What is Interest Graph? It helps discover people’s interest in things with data-mining approach. Interest graph is an online representation of individual’s interest with others including others interests. Simply it can be stated as the connection between people’s choices they make or the things which are common between people and the interests they share with each other. However, the interests of a person changes as time passes.
For Example: A few years ago I was a big fan of wrestling (WWE to be specific), but as time passed by I became more interested in following Snooker and Darts championship. Now my interest graph would show a strong connection towards Snooker and Darts rather than wrestling. Another way to see this is that my general interest is sports, as these interests are connected to the sports or lie within the sports category.
Interest graph used on the social networking sites help advertisers to analyze the market in general and identify the audience they should target for their product or services. Advertisers can use personalized messages for marketing with the help of interest graph. You must have noticed Facebook advertisements on the right side of your wall, these advertisements use interest graph to identify the target market.
Most of us know that Facebook has been able to bring in the social trust factor in advertisements. For example, you are provided with information about your social circle’s activity (what they are reading, playing, or even listening too). The newsfeeds algorithm of Facebook relies heavily on the recent activities rather than the relevancy of the newsfeed. For example: it might be very difficult to find a status of a friend in the newsfeed set just a few days ago. Even though you are very well connected to this particular friend, you still would face the difficulty to find his/her status.

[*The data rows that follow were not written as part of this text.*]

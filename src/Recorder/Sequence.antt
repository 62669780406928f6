-- ===== src/Recorder/Sequence.antt =====
-- `_observe` of exchange/binance_usdm/websocket.py: counters of messages, and of gaps and regressions
-- in the ids of aggregate trades.
use binance_algo.Base.{
  leb, ◌-◌, ◌+◌, ltb, str_eq, not, if◌then◌else◌, ℕ, String, Option, none, some, List, [], ◌∷◌,
}

-- A `Counter`: a missing key counts zero.
abbrev pub Counter : Type 0
Counter = String → ℕ

abbrev pub add : String → ℕ → Counter → Counter
add k n c j = if str_eq k j then c j + n else c j

-- CanonicalStreamEvent: the fields that `_observe` reads; the id is read of aggregate trades only.
pub record StreamEvent : Type 0 where
  pub event_type : String
  pub symbol : String
  pub aggregate_trade_id : ℕ

-- WebSocketRunStats, and `_last_aggregate_trade_id`.
pub record Observed : Type 0 where
  pub messages_by_stream : Counter
  pub messages_by_symbol : Counter
  pub sequence_gaps_by_symbol : Counter
  pub sequence_regressions_by_symbol : Counter
  pub last_aggregate_trade_id : String → Option ℕ

abbrev counted : StreamEvent → Observed → Observed
counted e s = record s {
  messages_by_stream = add e.event_type 1 s.messages_by_stream;
  messages_by_symbol = add e.symbol 1 s.messages_by_symbol;
}

-- `current > previous + 1`, then `current <= previous`
abbrev compared : StreamEvent → Option ℕ → Observed → Observed
compared e none s = s
compared e (some previous) s =
    if ltb (previous + 1) e.aggregate_trade_id
    then record s {
      sequence_gaps_by_symbol =
          add e.symbol (e.aggregate_trade_id - previous - 1) s.sequence_gaps_by_symbol;
    }
    else if leb e.aggregate_trade_id previous
    then record s {
      sequence_regressions_by_symbol = add e.symbol 1 s.sequence_regressions_by_symbol;
    }
    else s

unfoldable pub observe : StreamEvent → Observed → Observed
observe e s =
    let s₁ = counted e s in
    if not (str_eq e.event_type "aggregate_trades")
    then s₁
    else let s₂ = compared e (s.last_aggregate_trade_id e.symbol) s₁ in
      record s₂ {
        last_aggregate_trade_id = λ k.
            if str_eq e.symbol k then some e.aggregate_trade_id else s.last_aggregate_trade_id k;
      }

unfoldable pub observe_all : List StreamEvent → Observed → Observed
observe_all [] s = s
observe_all (e ∷ es) s = observe_all es (observe e s)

Interest graph platforms are way more difficult than they sound. Companies which are developing the interest graph platforms need to bypass some fundamental problems or challenges:
Data Collection:
There can be two approaches to collect data. You can either state that you require the user to provide the information OR you can follow the user’s activity and find out the interests yourself (i.e. explicit and implicit).
Explicit approach may create hurdles for the users and it might popup the question in users mind that why should they provide detailed information about their interest while they have the option to search the product or service required directly. An example of explicit approach can be Pinterest.
Implicit approach might best be defined with the help of an example i.e. Amazon. It uses implicit approach of data collection. The site has it all, your purchase history, your search history, and it even performs different co-relations (i.e. the people who bought this also bought that, or the people who searched this item also looked for that item).
No matter how you collect the information, but remember that when a user has to input his interests, normally the platform tends to generate inaccurate interests profiles of the users. So, our suggestion is to use the implicit approach and collect the data according to the real interests of the users.
Noise Reduction:
On social networks, every action of user is considered as a signal. For example: if you “Like” an image of your friend, taken in a football stadium watching a game between Chicago Bears & NY Giants, this necessarily doesn’t mean that you like Football. There can be a number of outputs taken from this action of yours. The list may include:
- You like to watch Football.
- You like Chicago Bears.
- You like NY Giants.
- You simply liked the picture.
- You wanted to start a conversation. (and so on)
However, if you uploaded the image of yourself in the football stadium watching the game, it would certainly mean that you like Football, you either like one of the teams playing the game or maybe both of the teams.
The algorithms are very typical, so do not worry if you get it wrong in your first attempt. Remember, perfect systems are not generated in the first attempt they are modified or changed according to the requirements over the time.
Interest Graph:
Even after the noise filtration, it is hard to prepare the interest profiles of the users. The complexity of the system should reflect interests which are generated by all the user signals to create a reasonably consistent profiles of the users.
Platform API’s:
An interest graph platform means that you need to have API’s to allow the apps or games to access them, so that they can use these API’s to personalize the app or game according to their requirements. For this purpose you need to make sure that your API’s should be refined to such a state that others can understand it and use them for creating customizable app or games.
Closing Comments:
We will end the discussion with the statement that Companies which have successfully developed the interest graph for personalized or customized applications, to provide the relevant data and recommendations will be the future. However, they need to know that user preference varies with time, location and environment.